Mushers don’t receive much in the way of prize money for finishing; the purse is less than a million dollars for the dozens of mushers who challenge the frozen peaks and plains of Alaska each year. This year there were 83 mushers who entered, with 71 of them finishing.

Clearly, the mushers don’t do this for money or to make a living – every racer after the 31st place received just over $1,000.

Then why race? For the challenge. The route of the Iditarod, which switches between the “Northern” and “Southern” routes every other year, is a perilous journey of bitterly cold plains, dangerous mountain passes, frozen river crossings and wildlife encounters. Teams must race on as little sleep as possible to achieve the best time. Frostbite occurs, and dogs suffer from injuries and occasionally death, though the veterinary standards are high and every precaution is made to prevent injury to the dogs, the true competitors in the event.
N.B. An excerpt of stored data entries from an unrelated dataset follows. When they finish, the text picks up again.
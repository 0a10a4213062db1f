-- ===== src/TcpFrame.antt =====
-- common/tcp_frame_probe.h: whether a buffer begins with a whole frame of the signal channel.
-- A null pointer comes with length 0.
mod Tests
use vlan_connect.Prelude.{
  ltb, if◌then◌else◌, length, take, length-append, length-take, ℕ, zero, suc, ◌+◌, ◌*◌, ◌^◌, ◌≤◌,
  ◌<◌, ◌≡◌, refl, List, ◌∷◌, ◌++◌, arith,
}
use vlan_connect.Protocol.Constants.{max_tcp_msg_payload}
use vlan_connect.ByteBuffer.{u16_bytes}

pub data TcpFrameProbeStatus : Type 0 where
  need_more ready malformed : TcpFrameProbeStatus

pub record TcpFrameProbeResult : Type 0 where
  pub status : TcpFrameProbeStatus
  pub msg_type : ℕ
  pub payload_length : ℕ
  pub frame_length : ℕ

pub probe_tcp_frame : List ℕ → TcpFrameProbeResult
probe_tcp_frame (t ∷ hi ∷ lo ∷ rest) =
    let len = hi * 2 ^ 8 + lo in
    if ltb max_tcp_msg_payload len
    then record { status = malformed; msg_type = t; payload_length = len; frame_length = 0 }
    else record {
      status = if ltb (3 + length rest) (3 + len) then need_more else ready;
      msg_type = t;
      payload_length = len;
      frame_length = 3 + len;
    }
probe_tcp_frame _ = record {
  status = need_more;
  msg_type = 0;
  payload_length = 0;
  frame_length = 0;
}

-- NetConnection::sendTcpMsg and the server's sendTcpMsg put this header before the body.
pub tcp_frame : ℕ → List ℕ → List ℕ
tcp_frame t body = t ∷ (u16_bytes (length body) ++ body)

-- However the bytes of a frame arrive: before its last byte the probe asks for more, and from then
-- on it reports the frame, its type and its length, whatever follows.
pub probe_tcp_frame_lem :
    (t : ℕ) (body rest : List ℕ)
    → length body ≤ max_tcp_msg_payload
    → ((n : ℕ)
        → n < length (tcp_frame t body)
        → (probe_tcp_frame (take n (tcp_frame t body))).status ≡ need_more)
      × (probe_tcp_frame (tcp_frame t body ++ rest) ≡ record {
        status = ready;
        msg_type = t;
        payload_length = length body;
        frame_length = length (tcp_frame t body);
      })
unfolding probe_tcp_frame tcp_frame
probe_tcp_frame_lem t body rest h =
    ((λ n short. early n short), ground (arith, length-append body rest))
  where
    early :
        (n : ℕ)
        → n < length (tcp_frame t body)
        → (probe_tcp_frame (take n (tcp_frame t body))).status ≡ need_more
    early zero short = refl
    early (suc zero) short = refl
    early (suc (suc zero)) short = refl
    early (suc (suc (suc n))) short = ground (arith, length-take n body (omega arith))
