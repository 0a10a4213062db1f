-- ===== src/TcpFrame/Tests.antt =====
-- A frame of three bytes, with the first byte of the next one.
use vlan_connect.Prelude.{ℕ, List, [], ◌∷◌}

abbrev body : List ℕ
body = 1 ∷ 2 ∷ 3 ∷ []
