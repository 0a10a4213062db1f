-- ===== src/TrafficCodec/Tests.antt =====
-- The default policy of UDP, read with another fallback.
use vlan_connect.Prelude.{◌≡◌, refl, some, [], ◌∷◌, ◌++◌}
use vlan_connect.Protocol.Policy.{make_default_tcp_policy, make_default_udp_policy}
use vlan_connect.ByteBuffer.{from_bytes}
use vlan_connect.ByteBuffer.Refine.{view}
use vlan_connect.ClientMessage.CreateRoom.{policy_bytes}
use vlan_connect.TrafficCodec.{read_traffic_policy, read_traffic_policy-policy_bytes}

read_traffic_policy-policy_bytes_example :
    view (
      read_traffic_policy make_default_tcp_policy
        (from_bytes (policy_bytes make_default_udp_policy ++ (7 ∷ []))))
    ≡ some (make_default_udp_policy, 7 ∷ [])
read_traffic_policy-policy_bytes_example =
    read_traffic_policy-policy_bytes make_default_udp_policy make_default_tcp_policy (7 ∷ [])
      (λ e. refl)
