-- ===== src/Watchdog.antt =====
-- common/relay_probe_watchdog.h: one report for each outage of the relay.
mod Tests
use vlan_connect.Prelude.{
  leb, if◌then◌else◌, Bool-cases, ℕ, ◌+◌, ◌≤◌, ◌≡◌, refl, inl, inr, Bool, true, false, not, ◌&&◌,
  List, [], ◌∷◌, arith,
}
use vlan_connect.Probe.{sub32}

pub record RelayProbeWatchdog : Type 0 where
  pub waiting : Bool
  pub reported : Bool
  pub since : ℕ

abbrev pub new_watchdog : RelayProbeWatchdog
new_watchdog = record { waiting = false; reported = false; since = 0 }

pub observe : ℕ → Bool → RelayProbeWatchdog → Bool × RelayProbeWatchdog
observe now true w = (false, record w { waiting = false; reported = false })
observe now false w =
    let since = if w.waiting then w.since else now in
    if not w.reported && leb 10000 (sub32 now since)
    then (true, record { waiting = true; reported = true; since = since })
    else (false, record w { waiting = true; since = since })

-- The reports of a run of observations without a fresh reply.
abbrev pub reports : List ℕ → RelayProbeWatchdog → ℕ
reports [] w = 0
reports (now ∷ times) w =
    (if (observe now false w).0 then 1 else 0) + reports times (observe now false w).1

reported_once : (times : List ℕ) (w : RelayProbeWatchdog) → w.reported ≡ true → reports times w ≡ 0
unfolding observe
reported_once [] w h = refl
reported_once (now ∷ times) w h = ground (arith, reported_once times (observe now false w).1)

-- However long an outage lasts, it is reported at most once, and a watchdog that reports has waited
-- 10 seconds since the first observation without a reply.
pub observe_lem :
    (times : List ℕ) (first now : ℕ) (w : RelayProbeWatchdog)
    → (reports times w ≤ 1)
      × (let w' = (observe first false (observe first true w).1).1 in
          (observe now false w').0 ≡ leb 10000 (sub32 now first))
unfolding observe
observe_lem times first now w = (at_most_once times w, ground arith)
  where
    at_most_once : (times : List ℕ) (w : RelayProbeWatchdog) → reports times w ≤ 1
    at_most_once [] w = omega arith
    at_most_once (now ∷ times) w = elim (Bool-cases (observe now false w).0) [
      | inl fired ↦ ground (arith, reported_once times (observe now false w).1)
      | inr silent ↦ ground (arith, at_most_once times (observe now false w).1)
    ]
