-- ===== src/Watchdog/Tests.antt =====
-- An outage that is observed three times.
use vlan_connect.Prelude.{ℕ, List, [], ◌∷◌}

abbrev times : List ℕ
times = 1000 ∷ 12000 ∷ 13000 ∷ []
Each year’s race provides a unique story, a tactical battle among the leaders and a journey of perseverance and endurance for many of the other racers whose primary goal is simply to finish the grueling trek. In 2003, Martin Buser set the record for fastest completion time in an amazing eight days 22 hours and 46 minutes, an amazing feat considering the first Iditarod winner took over 20 days to finish.

This year’s biggest story was racer Rachael Scdoris, who is legally blind. She finished in 57th place along with her visual guide, Tim Osmar.

This 2006 version also featured renowned author Gary Paulsen, writer of famous young adult coming-of-age novels like “Hatchet” and “Dogsong” and native of Minneapolis. He raced this year for the first time since the late 1980’s. Though he was the first to scratch from the race, his attempt represents what the Iditarod is all about: the intrepid spirit of humanity striving to test the limits.

The mythos of the Iditarod, the stories of the mushers who strive for victory, completion, or merely to experience one of the last great traditions in sports and exploration, and the desolate beauty of the Alaskan winter combine to create on of the most extraordinary sporting events in the world. This mythos is compounded by the fact that the Iditarod is one of the only sporting events we know that cannot be broadcast on TV: There is a certain mystery and private mystique that only the mushers and their dogs can experience.

Indeed, there is no other race on Earth like the “Last Great Race.”